How many lines of the records below contain the word "antt"? Answer with the number alone.

[Excerpts from a dataset]
+++++
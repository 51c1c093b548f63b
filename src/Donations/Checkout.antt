-- ===== src/Donations/Checkout.antt =====
-- Stripe's checkout session (donations.stripe.ts): the form that is sent, and what is made of the answer.
pub mod Body
pub mod Joined
pub mod Echo
use mastermind_minecraft_ser.Prelude.{
  ℕ, zero, suc, ◌-◌, pos, Bool, true, false, ◌&&◌, ◌||◌, not, Text, String, codes, trim, same,
  join_commas, Option, none, some, List, [], ◌∷◌, ◌++◌, map, all, take, length, leb, if◌then◌else◌,
}
use mastermind_minecraft_ser.Json.{JsNumber, int, Value, string}
use mastermind_minecraft_ser.Grants.Command.{decimal}
use mastermind_minecraft_ser.Donations.Signature.{non_default_secret, is_filled}

pub record CheckoutLineItem : Type 0 where
  pub amount_cents : JsNumber
  pub name : Text
  pub description : Text
  pub shop_item_id : Option Text

pub record CheckoutInput : Type 0 where
  pub amount_cents : Option JsNumber
  pub player_id : Text
  pub steam_id : Text
  pub server_instance_id : Text
  pub org_id : Text
  pub origin : Text
  pub secret_key : Option Text
  pub product_name : Option Text
  pub product_description : Option Text
  pub shop_item_id : Option Text
  pub line_items : List CheckoutLineItem
  pub return_path : Option Text

-- `a || b`
unfoldable pub or_text : Option Text → Text → Text
or_text none b = b
or_text (some []) b = b
or_text (some (c ∷ t)) b = c ∷ t

-- `t.slice(-4)`
unfoldable pub last_four : Text → Text
last_four [] = []
last_four (c ∷ t) = let rest = last_four t in if leb (length t) 3 then c ∷ t else rest

-- `a ?? 0`
unfoldable pub or_nothing : Option JsNumber → JsNumber
or_nothing none = int (pos 0)
or_nothing (some n) = n

unfoldable pub line_items_of : CheckoutInput → List CheckoutLineItem
unfolding or_text or_nothing last_four
line_items_of i = elim i.line_items [
  | item ∷ items ↦ item ∷ items
  | [] ↦
      record {
        amount_cents = or_nothing i.amount_cents;
        name = or_text i.product_name (codes "Server support");
        description =
            or_text i.product_description
              (codes "Support tied to Steam ending " ++ last_four i.steam_id);
        shop_item_id = i.shop_item_id;
      }
      ∷ []
]

-- `Number.isInteger(n) && n > 0`
unfoldable pub is_price : JsNumber → Bool
is_price (int (pos (suc n))) = true
is_price _ = false

-- the number of cents of a price
unfoldable pub whole_cents : JsNumber → ℕ
whole_cents (int (pos n)) = n
whole_cents _ = 0

unfoldable pub has_price : CheckoutLineItem → Bool
unfolding is_price
has_price item = is_price item.amount_cents

unfoldable pub cents_of : CheckoutLineItem → ℕ
unfolding whole_cents
cents_of item = whole_cents item.amount_cents

-- the ids that are there and not empty
unfoldable pub shop_ids : List CheckoutLineItem → List Text
unfolding or_text
shop_ids [] = []
shop_ids (item ∷ items) = elim (or_text item.shop_item_id []) [
  | [] ↦ shop_ids items
  | c ∷ t ↦ (c ∷ t) ∷ shop_ids items
]

-- A form: names and values, each name once.
abbrev pub Body : Type 0
Body = List (Text × Text)

-- `body.set(name, value)`
unfoldable pub set : Text → Text → Body → Body
unfolding same
set name value [] = (name, value) ∷ []
set name value ((n, v) ∷ rest) =
    if same n name then (n, value) ∷ rest else (n, v) ∷ set name value rest

unfoldable pub metadata_name : String → Text
metadata_name key = codes "metadata[" ++ (codes key ++ codes "]")

unfoldable pub intent_name : String → Text
intent_name key = codes "payment_intent_data[metadata][" ++ (codes key ++ codes "]")

unfoldable pub set_only_id : Text → List Text → Body → Body
unfolding set
set_only_id name (id ∷ []) body = set name id body
set_only_id name _ body = body

unfoldable pub set_shop : List Text → List CheckoutLineItem → Body → Body
unfolding set set_only_id metadata_name join_commas cents_of decimal
set_shop [] items body = body
set_shop (id ∷ ids) items body = set_only_id (metadata_name "shopItemId") (id ∷ ids) (
    set (metadata_name "lineAmounts") (join_commas (map (λ item. decimal (cents_of item)) items))
      (set (metadata_name "shopItemIds") (join_commas (id ∷ ids)) body))

unfoldable pub set_intent_shop : List Text → Body → Body
unfolding set set_only_id intent_name join_commas
set_intent_shop [] body = body
set_intent_shop (id ∷ ids) body =
    set_only_id (intent_name "shopItemId") (id ∷ ids)
      (set (intent_name "shopItemIds") (join_commas (id ∷ ids)) body)

unfoldable pub line_name : ℕ → String → Text
unfolding decimal
line_name index field = codes "line_items[" ++ (decimal index ++ codes field)

unfoldable pub set_lines : ℕ → List CheckoutLineItem → Body → Body
unfolding set line_name cents_of decimal
set_lines index [] body = body
set_lines index (item ∷ items) body = set_lines (suc index) items (
    set (line_name index "][price_data][product_data][description]") (take 250 item.description) (
      set (line_name index "][price_data][product_data][name]") (take 120 item.name) (
        set (line_name index "][price_data][unit_amount]") (decimal (cents_of item)) (
          set (line_name index "][price_data][currency]") (codes "usd")
            (set (line_name index "][quantity]") (codes "1") body)))))

unfoldable pub set_people : CheckoutInput → Body → Body
unfolding set metadata_name or_text
set_people i body =
    let page = i.origin ++ or_text i.return_path (codes "/player/profile") in
    set (metadata_name "orgId") i.org_id (
      set (metadata_name "serverInstanceId") i.server_instance_id (
        set (metadata_name "steamId") i.steam_id (
          set (metadata_name "playerId") i.player_id (
            set (codes "cancel_url") (page ++ codes "?donation=cancel") (
              set (codes "success_url") (page ++ codes "?donation=success") (
                set (codes "client_reference_id") i.player_id
                  (set (codes "mode") (codes "payment") body)))))))

unfoldable pub set_intent_people : CheckoutInput → Body → Body
unfolding set intent_name
set_intent_people i body = set (intent_name "orgId") i.org_id (
    set (intent_name "serverInstanceId") i.server_instance_id
      (set (intent_name "steamId") i.steam_id (set (intent_name "playerId") i.player_id body)))

unfoldable pub checkout_body : CheckoutInput → Body
unfolding set_people set_shop set_intent_people set_intent_shop set_lines line_items_of shop_ids
checkout_body i =
    let items = line_items_of i in
    set_lines 0 items (
      set_intent_shop (shop_ids items)
        (set_intent_people i (set_shop (shop_ids items) items (set_people i []))))

pub record Url : Type 0 where
  pub protocol : Text
  pub hostname : Text

-- The answer to the request, with the `url` of its JSON.
pub record Response : Type 0 where
  pub ok : Bool
  pub url : Value

-- `new URL(url)`, and the request, which may fail
pub record Net : Type 0 where
  pub parse_url : Text → Option Url
  pub post : Text → Body → Option Response

unfoldable pub ends_with : Text → Text → Bool
unfolding same
ends_with suffix [] = same suffix []
ends_with suffix (c ∷ t) = same suffix (c ∷ t) || ends_with suffix t

unfoldable pub is_stripe_https_url : Net → Text → Bool
unfolding same ends_with
is_stripe_https_url net url = elim (net.parse_url url) [
  | none ↦ false
  | some u ↦
      same u.protocol (codes "https:")
      && (same u.hostname (codes "checkout.stripe.com")
          || ends_with (codes ".stripe.com") u.hostname)
]

-- The page to go to; every error has the code `unconfigured`.
unfoldable pub checkout_url : Net → Option Response → Option Text
unfolding is_stripe_https_url
checkout_url net none = none
checkout_url net (some r) = elim r.url [
  | string url ↦ if r.ok && is_stripe_https_url net url then some url else none
  | _ ↦ none
]

unfoldable pub secret_key_of : Option Text → Option Text → Text
unfolding non_default_secret same
secret_key_of given env =
    let key = non_default_secret given in if same key [] then non_default_secret env else key

unfoldable pub create_checkout_session : Net → Option Text → CheckoutInput → Option Text
unfolding secret_key_of line_items_of has_price checkout_body checkout_url same
create_checkout_session net env i =
    let key = secret_key_of i.secret_key env in
    if same key []
    then none
    else if not (all has_price (line_items_of i))
    then none
    else checkout_url net (net.post key (checkout_body i))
+++++
• [RESPONSE TO THE TASK]:
2